Thursday, January 8, 2009

Ed Asner on SAG's choice

"I now fear for the future of the Screen Actors Guild and for the acting profession."

http://www.latimes.com/news/opinion/la-oe-asner28-2008dec28,0,2233934.story

Tuesday, December 2, 2008

Do you trust the AMPTP?

A generation ago we cut the AMPTP slack in crafting a video deal under the assumption that it would be revisited and made fair once the technology took off.

But for more than two decades the AMPTP continued to give us only a tiny sliver of the billions of dollars of windfall revenue they made selling videocassettes and DVDs. For SAG members, the question is this: As our colleagues at the Writers Guild of America are learning, the AMPTP has its own interpretation of the deals it makes. SAG does not want a strike. We made the decision to seek a strike authorization only after the AMPTP continued to stonewall through negotiations and mediation. Now, the AMPTP is attempting to use today’s economic uncertainty to intimidate us into signing away our future for decades to come. Meanwhile, they spent $100,000 on an ad! Obviously, we have their attention. Send the AMPTP a message by approving a strike authorization to empower SAG’s national board, so the AMPTP knows that we mean business

Message Regarding the CEO's Open Letter

Eight entertainment industry CEO’s whose annual salaries and bonuses exceed the amount needed to achieve labor peace for our industry asked why SAG wants a better deal than the other Hollywood guilds.

What they conveniently left out is the fact that the deal they are offering includes rollbacks no other guilds had to accept. Those other deals also included new media loopholes that would prevent SAG actors from sharing in the studios’ success in any meaningful way when this technology inevitably explodes. To find out how our proposals are different — not better or worse — but simply different than other unions’ deals, go to http://www.sag.org/tvtheatrical-negotiations and download “Questions and Answers Regarding Negotiations” and “Fact Checking the AMPTP.”

Thursday, August 14, 2008

How Far Have we come since January

A few different classes of actor in this town;
Group C...The Stars
Group B... those that hope to make a Modest Living
Group A...those who work for Free.

Which group are you in? Which group would you like to be in?

I'm barely hanging into group B. Group A makes that even harder. They work under "fiancial core", they work non union, they bark and moan that the leadership is fighting too hard for us. That's our dividing line, some want to bargain for more and others want to settle for less. AFTRA is a perfect example, they were willing to settle for less.

Now the people fighting for less are being backed by Sally Field, group C. Can you honestly say that Sally Fied has even a single idea what being a working class actor means. She probably hasn't worked for scale EVER. See the stars are fighting not for minimums but just to keep the show rolling so they can keep rolling in it!
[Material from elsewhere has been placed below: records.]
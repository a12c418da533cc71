-- ===== src/LedgerTests.antt =====
-- Concrete databases for crates/pool-db/src/queries.rs and crates/rewards/src/pplns.rs, and the theorems
-- applied to them.
use zcash_mining_pool.Prelude.{
  ℕ, ◌+◌, ◌*◌, ◌/◌, ◌-◌, ◌≡◌, refl, true, false, not, some, none, List, [], ◌∷◌, ◌++◌, arith, ltb,
  leb, ℤ, pos, negsuc, ◌+ℤ◌, ◌-ℤ◌, ◌≤ℤ◌, length, ok, err, sum_by,
}
use zcash_mining_pool.Float.{Float}
use zcash_mining_pool.Sql.{select, delete, affected}
use zcash_mining_pool.Ledger.Tables.{Db, sqlx, Cost, BlockStatus}
use zcash_mining_pool.Ledger.Payouts.Void.{void_returns}
use zcash_mining_pool.Ledger.Payouts.{
  void_reorged_payout, of_txid, confirm_payout, refund_payout, reserve_payout, of_attempt,
}
use zcash_mining_pool.Ledger.Payouts.Sound.{IsSound, IsSound-money, owed}
use zcash_mining_pool.Ledger.Payouts.Confirm.{issue}
use zcash_mining_pool.Ledger.Credits.{
  distribute_block_credits, reverse_block_credits_precise, of_block, costs_of,
}
use zcash_mining_pool.Ledger.Credits.Distribution.{
  distribute_adds, credit_once, amounts, credits_for,
}
use zcash_mining_pool.Ledger.Credits.Reversal.{reverse_accounts, reverse_once}
use zcash_mining_pool.Ledger.Credits.Reversing.{credit_total, clawback_total}
use zcash_mining_pool.Ledger.Costs.{take_costs_for_block}
use zcash_mining_pool.Ledger.Costs.Taking.{take_costs_within, fees, IsFull}
use zcash_mining_pool.Ledger.Cycle.{here, next, credit, reserve, confirm, Reach-IsSound}
use zcash_mining_pool.Rewards.{ShareEntry, split, pairs, total_difficulty, distribute_pplns}
use zcash_mining_pool.Rewards.Exact.{distribute_pplns_pays, rewards_of}
use zcash_mining_pool.Ledger.Payouts.Saga.{
  confirm_settles, refund_releases, confirm_once, refund-reserve,
}

-- Two miners: the first has a reservation of 30 under attempt 5, the second was paid 20.
abbrev pub two_miners : Db
two_miners = record {
  miners = 1 ∷ 2 ∷ [];
  balances =
      (record { miner_id = 1; pending = pos 70; paying = pos 30; paid = pos 0 })
      ∷ (record { miner_id = 2; pending = pos 10; paying = pos 0; paid = pos 20 })
      ∷ [];
  items = (record { attempt_id = 5; miner_id = 1; amount = pos 30 }) ∷ [];
  payouts = (record { id = 1; miner_id = 2; txid = "t0"; amount = pos 20; created_at = 3 }) ∷ [];
  attempts = [];
  credits = (record { block_id = 8; miner_id = 1; amount = pos 40 }) ∷ [];
  clawbacks = [];
  costs = (record { id = 1; fee = pos 6; recovered = false }) ∷ [];
  blocks =
      (record {
        id = 8;
        height = pos 3000000;
        hash = "b8";
        reward = pos 125000000;
        actual_reward = none;
        status = BlockStatus.pending;
        found_by = 4;
        costs_recovered = pos 0;
        created_at = 2;
      })
      ∷ [];
  submissions = [];
  next_payout = 2;
  next_attempt = 6;
  next_cost = 2;
  next_block = 9;
  next_submission = 1;
}

pub two_miners-IsSound : IsSound two_miners
unfolding affected sum_by ◌+ℤ◌
two_miners-IsSound = record {
  backed = (refl, refl, (refl, refl, tt));
  audited = (refl, refl, (refl, refl, tt));
  positive = (omega arith, tt);
  housed = (omega arith, tt);
  solvent = ((omega arith, omega arith), ((omega arith, omega arith), tt));
  bookings = ((omega arith, omega arith), tt);
}

confirm_settles_example :
    let (r, db') = confirm_payout true 5 "t1" 9 two_miners in
    (r ≡ ok (length (select (of_attempt 5) two_miners.items)))
    × IsSound db'
    × (owed db' ≡ owed two_miners)
    × (db'.items ≡ delete (of_attempt 5) two_miners.items)
    × (db'.payouts ≡ two_miners.payouts ++ issue "t1" 9 2 (select (of_attempt 5) two_miners.items))
confirm_settles_example = confirm_settles 5 "t1" 9 two_miners two_miners-IsSound

refund_releases_example :
    let (r, db') = refund_payout true 5 two_miners in
    (r ≡ ok (length (select (of_attempt 5) two_miners.items)))
    × IsSound db'
    × (owed db' ≡ owed two_miners)
    × (db'.items ≡ delete (of_attempt 5) two_miners.items)
    × (db'.payouts ≡ two_miners.payouts)
refund_releases_example = refund_releases 5 two_miners two_miners-IsSound

confirm_once_example :
    let db' = (confirm_payout true 5 "t1" 9 two_miners).1 in
    (confirm_payout true 5 "t2" 10 db' ≡ (ok 0, db')) × (refund_payout true 5 db' ≡ (ok 0, db'))
confirm_once_example = confirm_once 5 "t1" "t2" 9 10 two_miners two_miners-IsSound

abbrev two_pairs : List (ℕ × ℤ)
two_pairs = (1, pos 25) ∷ (2, pos 11) ∷ []

refund-reserve_example :
    (refund_payout true 6 (reserve_payout true 6 two_pairs two_miners).1).1 ≡ two_miners
unfolding delete
refund-reserve_example = refund-reserve 6 two_pairs two_miners two_miners-IsSound refl

-- Another block, that is to be distributed.
abbrev with_block : Db
with_block = record two_miners {
  blocks =
      (record {
        id = 9;
        height = pos 3000001;
        hash = "b9";
        reward = pos 125000000;
        actual_reward = none;
        status = BlockStatus.pending;
        found_by = 4;
        costs_recovered = pos 0;
        created_at = 3;
      })
      ∷ two_miners.blocks;
}

with_block-IsSound : IsSound with_block
with_block-IsSound = IsSound-money two_miners with_block refl two_miners-IsSound

distribute_adds_example :
    let (r, db') = distribute_block_credits true 9 two_pairs with_block in
    (r ≡ ok tt)
    × IsSound db'
    × (owed db' ≡ owed with_block +ℤ amounts two_pairs)
    × (db'.credits ≡ with_block.credits ++ credits_for 9 two_pairs)
unfolding affected
distribute_adds_example =
    distribute_adds 9 two_pairs with_block with_block-IsSound (omega arith, (omega arith, tt))
      (refl, (refl, tt)) (refl, (refl, tt)) (refl, (refl, tt))

credit_once_example :
    distribute_block_credits true 8 (((2, pos 7) ∷ []) ++ (1, pos 5) ∷ []) two_miners
    ≡ (err sqlx, two_miners)
unfolding affected
credit_once_example = credit_once 8 1 (pos 5) ((2, pos 7) ∷ []) [] true two_miners (omega arith)

reverse_accounts_example :
    let (result, db') = reverse_block_credits_precise true 8 two_miners in
    (reversed : ℤ) × (clawback : ℤ) × (result ≡ ok (some (reversed, clawback)))
    × (reversed +ℤ clawback ≡ credit_total (select (of_block 8) two_miners.credits))
    × (owed db' +ℤ reversed ≡ owed two_miners)
    × (clawback_total db' ≡ clawback_total two_miners +ℤ clawback)
    × (db'.credits ≡ delete (of_block 8) two_miners.credits)
    × IsSound db'
unfolding select costs_of
reverse_accounts_example =
    reverse_accounts 8 (pos 0) two_miners two_miners-IsSound (omega arith, tt) (omega arith) refl

reverse_once_example :
    let db' = (reverse_block_credits_precise true 8 two_miners).1 in
    reverse_block_credits_precise true 8 db' ≡ (ok none, db')
unfolding select costs_of
reverse_once_example =
    reverse_once 8 (pos 0) two_miners two_miners-IsSound (omega arith, tt) (omega arith) refl

take_costs_within_example :
    (taken : ℤ) × ((take_costs_for_block true 8 (pos 10) two_miners).0 ≡ ok taken)
    × (taken ≤ℤ pos 10)
    × (front : List Cost) × (back : List Cost) × (select (λ c. not c.recovered) two_miners.costs
        ≡ front ++ back)
    × (taken ≡ fees front)
    × IsFull (pos 10) taken back
take_costs_within_example = take_costs_within 8 (pos 10) two_miners (omega arith)

-- Numbers in place of floats: a fraction is counted in hundredths, and cut off.
abbrev cut_to_ℕ : ℤ → ℕ
cut_to_ℕ (pos n) = n
cut_to_ℕ (negsuc n) = 0

abbrev hundredths : Float
hundredths = record {
  F = ℕ;
  of_ℤ = cut_to_ℕ;
  of_ℕ = λ n. n;
  ratio = λ n d. n * 100 / d;
  add = ◌+◌;
  sub = ◌-◌;
  mul = λ a b. a * b / 100;
  div = λ a b. a * 100 / b;
  to_i64 = pos;
  floor_i64 = pos;
  lt = ltb;
  le = leb;
}

abbrev window : List (ShareEntry hundredths)
window = (2, 1) ∷ []

distribute_pplns_pays_example :
    let (r, db') = distribute_pplns hundredths true 9 (pos 90) ((1, 3) ∷ window) with_block in
    (r ≡ ok (rewards_of hundredths (pos 90) ((1, 3) ∷ window)))
    × IsSound db'
    × (owed db' ≡ owed with_block +ℤ pos 90)
unfolding affected total_difficulty split pairs ◌-ℤ◌ ◌+ℤ◌
distribute_pplns_pays_example =
    distribute_pplns_pays hundredths 9 (pos 90) (1, 3) window with_block with_block-IsSound refl
      (refl, (refl, tt)) (refl, (refl, tt)) refl (omega arith, (omega arith, tt))

-- Two miners are credited, and then a payout is reserved and confirmed.
abbrev credited_db : Db
credited_db = (distribute_block_credits true 9 two_pairs with_block).1

abbrev reserved_db : Db
reserved_db = (reserve_payout true 6 two_pairs credited_db).1

abbrev paid_db : Db
paid_db = (confirm_payout true 6 "t9" 12 reserved_db).1

Reach-IsSound_example :
    IsSound paid_db
    × (owed paid_db ≡ owed with_block +ℤ (pos 0 +ℤ amounts two_pairs +ℤ pos 0 +ℤ pos 0))
unfolding affected
Reach-IsSound_example = Reach-IsSound with_block-IsSound (
    next
      (next
        (next here (
          credit 9 two_pairs with_block (omega arith, (omega arith, tt)) (refl, (refl, tt))
            (refl, (refl, tt)) (refl, (refl, tt))))
        (reserve true 6 two_pairs credited_db))
      (confirm true 6 "t9" 12 reserved_db))

-- The payment of the second miner is an hour old.
void_returns_example :
    let (r, db') = void_reorged_payout true "t0" 4000 two_miners in
    (r ≡ ok (1, pos 20))
    × IsSound db'
    × (owed db' ≡ owed two_miners)
    × (db'.payouts ≡ delete (of_txid "t0") two_miners.payouts)
    × (db'.items ≡ two_miners.items)
unfolding affected select sum_by ◌+ℤ◌
void_returns_example = void_returns "t0" 4000 two_miners two_miners-IsSound refl
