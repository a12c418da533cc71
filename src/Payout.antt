-- ===== src/Payout.antt =====
-- crates/pool-dashboard/src/main.rs and reconciler.rs: the payout loop, and the sweep that resolves what
-- the loop leaves behind.
pub mod Attempts
pub mod Rpc
pub mod Reconciler
pub mod Address
pub mod Selection
pub mod Round
pub mod Waiting
pub mod Crash
pub mod Maturity
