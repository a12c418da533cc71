-- ===== src/Payout/Address.antt =====
-- `is_valid_zcash_address` of crates/pool-dashboard/src/main.rs. Base58check, of the `bs58` crate, is a
-- parameter: the decoded bytes, where the checksum holds.
use Prim.Native.String.{len}
use zcash_mining_pool.Text.{chars, begins}
use zcash_mining_pool.Prelude.{
  ℕ, ◌≡◌, String, Bool, true, false, not, ◌&&◌, ◌||◌, List, [], ◌∷◌, arith, leb, ◌==◌, str_eq,
  if◌then◌else◌, Option, none, some, length, drop,
}

abbrev pub is_in : List ℕ → ℕ → Bool
is_in [] n = false
is_in (c ∷ cs) n = (c == n) || is_in cs n

abbrev pub all_in : List ℕ → List ℕ → Bool
all_in set [] = true
all_in set (c ∷ cs) = is_in set c && all_in set cs

-- What stands behind the first, or the last, '1'.
unfoldable pub after_first : List ℕ → Option (List ℕ)
after_first [] = none
after_first (c ∷ cs) = let rest = after_first cs in if c == 49 then some cs else rest

abbrev first_of : Option (List ℕ) → Option (List ℕ) → Option (List ℕ)
first_of none other = other
first_of (some cs) other = some cs

unfoldable pub after_last : List ℕ → Option (List ℕ)
after_last [] = none
after_last (c ∷ cs) = first_of (after_last cs) (if c == 49 then some cs else none)

-- `&addr[hrp_end + 1..]`, where a missing '1' counts as position 0
abbrev pub data_part : Option (List ℕ) → List ℕ → List ℕ
data_part none cs = drop 1 cs
data_part (some data_) cs = data_

unfoldable pub charset : List ℕ
unfolding chars
charset = chars "qpzry9x8gf2tvdw0s3jn54khce6mua7l"

abbrev pub has_length : ℕ → Option (List ℕ) → Bool
has_length n none = false
has_length n (some bytes) = length bytes == n

-- What is asked of an address with the code points `cs`, on the main network or another.
module _ (decode : String → Option (List ℕ)) (mainnet : Bool) (addr : String) (cs : List ℕ) where
  abbrev pub transparent : Bool
  transparent =
      (if mainnet
        then begins (116 ∷ 49 ∷ []) cs || begins (116 ∷ 51 ∷ []) cs
        else begins (116 ∷ 109 ∷ []) cs || begins (116 ∷ 50 ∷ []) cs)
      && has_length 22 (decode addr)

  -- "zs1" and "ztestsapling1"
  abbrev pub sapling : Bool
  sapling =
      (if mainnet
        then begins (122 ∷ 115 ∷ 49 ∷ []) cs
        else begins (122 ∷ 116 ∷ 101 ∷ 115 ∷ 116 ∷ 115 ∷ 97 ∷ 112 ∷ 108 ∷ 105 ∷ 110 ∷ 103 ∷ 49 ∷ [])
            cs)
      && all_in charset (data_part (after_last cs) cs)
      && (len addr == (if mainnet then 78 else 88))

  -- "u1", "utest" and "utest1". Where the set of characters fits, a character is a byte.
  abbrev pub unified : Bool
  unified =
      (if mainnet
        then begins (117 ∷ 49 ∷ []) cs && not (begins (117 ∷ 116 ∷ 101 ∷ 115 ∷ 116 ∷ []) cs)
        else begins (117 ∷ 116 ∷ 101 ∷ 115 ∷ 116 ∷ 49 ∷ []) cs)
      && all_in charset (data_part (after_first cs) cs)
      && leb 50 (length (data_part (after_first cs) cs))
      && leb (len addr) 320

  unfoldable pub is_valid_form : Bool
  is_valid_form =
      if begins (116 ∷ []) cs
      then transparent
      else if begins (122 ∷ []) cs
      then sapling
      else if begins (117 ∷ []) cs
      then unified
      else false

unfoldable pub is_valid_zcash_address : (String → Option (List ℕ)) → String → String → Bool
is_valid_zcash_address decode addr network =
    is_valid_form decode (str_eq network "mainnet") addr (chars addr)

disjoint_forms :
    (decode : String → Option (List ℕ)) (addr : String) (cs : List ℕ)
    → is_valid_form decode true addr cs ≡ true
    → is_valid_form decode false addr cs ≡ false
unfolding is_valid_form
disjoint_forms decode addr [] h = cc
disjoint_forms decode addr (x ∷ []) h = ground arith
disjoint_forms decode addr (x ∷ y ∷ cs) h = ground arith

-- No address is valid both on the main network and on another one: for whatever the base58 decoder
-- answers, an address that is accepted for "mainnet" is refused for every other network name.
pub networks_disjoint :
    (decode : String → Option (List ℕ)) (addr network : String)
    → str_eq network "mainnet" ≡ false
    → is_valid_zcash_address decode addr "mainnet" ≡ true
    → is_valid_zcash_address decode addr network ≡ false
unfolding is_valid_zcash_address
networks_disjoint decode addr network other h = rw other (disjoint_forms decode addr (chars addr) h)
Only 6000 actors have signed on supporting our unions negotiated pledge. To the Producers that looks like about 6 % of us care......Powerful.

Tuesday, November 6, 2007

Welcome to Working Actor LA Bloggers

Wow...you found it. Now take advantage of it. IT is a magical conversation that takes place any time. I'll give you an example. My WA (working actor) buddy Chad and I were having a conversation after an audition Monday. It was about personal worth in the context of our Business negotiation. i.e. Are you worth the $15,000 that a decent national commercial will pay you? Yes, no, maybe, they could find someone else, but you're unique, I'm no Michael Jordan, but you are, well if it's this or that. Wow. Are YOU worth $15,000 for 1 day of work and 365 days of auditions, no auditions, callbacks, parking tix, classes, beating your head against the wall, starving.

The conversation is to be an Informed Working Actor.